Bug #36266
closedmgr: deadlock in ClusterState
0%
Description
This is a cluster with 3 mons/mgrs. A few minutes ago, the active mgr stopped responding. The cluster successfully failed over to a standby mgr. I'm using the prometheus and dashboard monitors. The exporter metrics get scraped periodically by Prometheus.
@- ceph-mgr --version
ceph version 12.2.8 (ae699615bac534ea496ee965ac6192cb7e0e07c0) luminous (stable)
@
I'm attaching a gdb backtrace. Looks like a deadlock:
Thread 46 is holding the Objecter rwlock and trying to lock ClusterState.
Thread 17 is holding the ClusterState lock and is trying to lock the Objecter rwlock.

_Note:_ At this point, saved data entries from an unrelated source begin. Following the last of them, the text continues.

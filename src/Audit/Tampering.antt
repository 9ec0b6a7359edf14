-- ===== src/Audit/Tampering.antt =====
-- What the check of the audit log's checksums tells of an altered entry.
use atraport_api.Prelude.{
  String, true, false, List, [], ◌∷◌, ◌++◌, ◌≡◌, ◌≢◌, refl, sym, ap, ◌∙◌, arith, leb, Bool-cases,
  inl, inr, eq_iff, eq-false_of_ne,
}
use text.Mathlib.Text.{◌==◌}
use atraport_api.Audit.{
  AuditLog, Hashing, generate_checksum, insert_by_time, sort_by_time, verify_loop, verify_logs,
}

module _ {D : Type 0} where
  -- The two lists are the same but for one place, which holds the one entry or the other.
  abbrev Differ : AuditLog D → AuditLog D → List (AuditLog D) → List (AuditLog D) → Type 0
  Differ log log' xs ys =
      (before : List (AuditLog D)) × (after : List (AuditLog D)) × (xs ≡ before ++ log ∷ after)
      × (ys ≡ before ++ log' ∷ after)

  Differ-cons :
      (log log' first : AuditLog D) (xs ys : List (AuditLog D))
      → Differ log log' xs ys
      → Differ log log' (first ∷ xs) (first ∷ ys)
  Differ-cons log log' first xs ys (before, after, there, there') =
      (first ∷ before, after, ap (λ zs. first ∷ zs) there, ap (λ zs. first ∷ zs) there')

  insert-Differ :
      (log log' : AuditLog D) (logs : List (AuditLog D))
      → log'.created_at ≡ log.created_at
      → Differ log log' (insert_by_time log logs) (insert_by_time log' logs)
  unfolding insert_by_time
  insert-Differ log log' [] same = ([], [], refl, refl)
  insert-Differ log log' (first ∷ rest) same =
      let as_late : leb log'.created_at first.created_at ≡ leb log.created_at first.created_at =
        ap (λ t. leb t first.created_at) same in
      elim (Bool-cases (leb log.created_at first.created_at)) [
        | inl early ↦ rw (as_late ∙ early, early) ([], first ∷ rest, refl, refl)
        | inr late ↦
            rw (as_late ∙ late, late)
              (Differ-cons log log' first (insert_by_time log rest) (insert_by_time log' rest)
                (insert-Differ log log' rest same))
      ]

  insert_both :
      (log log' x : AuditLog D) (before after : List (AuditLog D))
      → log'.created_at ≡ log.created_at
      → Differ log log'
          (insert_by_time x (before ++ log ∷ after))
          (insert_by_time x (before ++ log' ∷ after))
  unfolding insert_by_time
  insert_both log log' x [] after same =
      let as_late : leb x.created_at log'.created_at ≡ leb x.created_at log.created_at =
        ap (λ t. leb x.created_at t) same in
      elim (Bool-cases (leb x.created_at log.created_at)) [
        | inl early ↦ rw (as_late ∙ early, early) (x ∷ [], after, refl, refl)
        | inr late ↦ rw (as_late ∙ late, late) ([], insert_by_time x after, refl, refl)
      ]
  insert_both log log' x (first ∷ before) after same =
      elim (Bool-cases (leb x.created_at first.created_at)) [
        | inl early ↦ rw early (x ∷ (first ∷ before), after, refl, refl)
        | inr late ↦ rw late (
            Differ-cons log log' first (insert_by_time x (before ++ log ∷ after))
              (insert_by_time x (before ++ log' ∷ after))
              (insert_both log log' x before after same))
      ]

  sort-Differ :
      (log log' : AuditLog D) (before after : List (AuditLog D))
      → log'.created_at ≡ log.created_at
      → Differ log log'
          (sort_by_time (before ++ log ∷ after))
          (sort_by_time (before ++ log' ∷ after))
  unfolding sort_by_time
  sort-Differ log log' [] after same = insert-Differ log log' (sort_by_time after) same
  sort-Differ log log' (x ∷ before) after same =
      let (earlier, later, there, there') = sort-Differ log log' before after same in
      rw (there, there') (insert_both log log' x earlier later same)

  module _ (hashing : Hashing D) where
    -- Every chain in which the one entry is accepted reports the other alone.
    loop-altered :
        (log log' : AuditLog D) (before after : List (AuditLog D)) (previous : String)
        → log'.checksum ≡ log.checksum
        → ((p : String) → generate_checksum hashing log' p ≢ generate_checksum hashing log p)
        → verify_loop hashing previous (before ++ log ∷ after) ≡ []
        → verify_loop hashing previous (before ++ log' ∷ after) ≡ log'.id ∷ []
    unfolding verify_loop
    loop-altered log log' [] after previous same differs h =
        elim (Bool-cases (log.checksum == generate_checksum hashing log previous)) [
          | inr wrong ↦ absurd (ground arith)
          | inl right ↦
              let told : (log'.checksum == generate_checksum hashing log' previous) ≡ false =
                eq-false_of_ne log'.checksum (generate_checksum hashing log' previous) (λ e.
                  differs previous (
                    sym e
                    ∙ same
                    ∙ (eq_iff log.checksum (generate_checksum hashing log previous)).0 right)) in
              rw (told, same) (ground arith)
        ]
    loop-altered log log' (x ∷ before) after previous same differs h =
        elim (Bool-cases (x.checksum == generate_checksum hashing x previous)) [
          | inr wrong ↦ absurd (ground arith)
          | inl right ↦
              rw right (loop-altered log log' before after x.checksum same differs (ground arith))
        ]

-- Where the check accepts a list of entries, and one of them is replaced by an entry of the same time and
-- the same stored checksum whose content SHA-256 tells from the old one after any previous checksum, the
-- check fails and reports that entry alone, wherever it stands and in whatever order the entries come.
pub altered_reported :
    {D : Type 0} (hashing : Hashing D) (log log' : AuditLog D) (before after : List (AuditLog D))
    → log'.created_at ≡ log.created_at
    → log'.checksum ≡ log.checksum
    → ((p : String) → generate_checksum hashing log' p ≢ generate_checksum hashing log p)
    → (verify_logs hashing (before ++ log ∷ after)).valid ≡ true
    → ((verify_logs hashing (before ++ log' ∷ after)).valid ≡ false)
      × ((verify_logs hashing (before ++ log' ∷ after)).invalid_log_ids ≡ log'.id ∷ [])
unfolding verify_logs
altered_reported hashing log log' before after time same differs h =
    let (earlier, later, there, there') = sort-Differ log log' before after time in
    let accepted : verify_loop hashing "" (earlier ++ log ∷ later) ≡ [] =
      ap (verify_loop hashing "") (sym there) ∙ ground arith in
    let reported = loop-altered hashing log log' earlier later "" same differs accepted in
    (rw (there', reported) refl, rw (there', reported) refl)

I think there's a missing lock in ClusterState::with_osdmap:
https://github.com/ceph/ceph/blob/v12.2.8/src/mgr/ClusterState.h#L128
Files
Updated by John Spray over 5 years ago
- Is duplicate of Bug #23460: mgr deadlock: _check_auth_rotating possible clock skew, rotating keys expired way too early added
Updated by John Spray over 5 years ago
- Status changed from New to Duplicate
Thanks for the detailed report, this looks like the same issue as https://tracker.ceph.com/issues/23460
The underlying issue is that we have one place in the code that takes the PGMap lock before the OSDMap lock, and another place that takes them in the opposite order.
Updated by Hector Martin over 5 years ago
Note that in this case it was the active mgr that deadlocked, not a standby.
My suggestion to add a lock in ClusterState would break the deadlock situation, by forcing the Thread 46 codepath to lock the ClusterState mutex first, then the Objecter mutex. This is assuming the mutexes are re-entrant within a single thread (since it's going to try to lock ClusterState later again).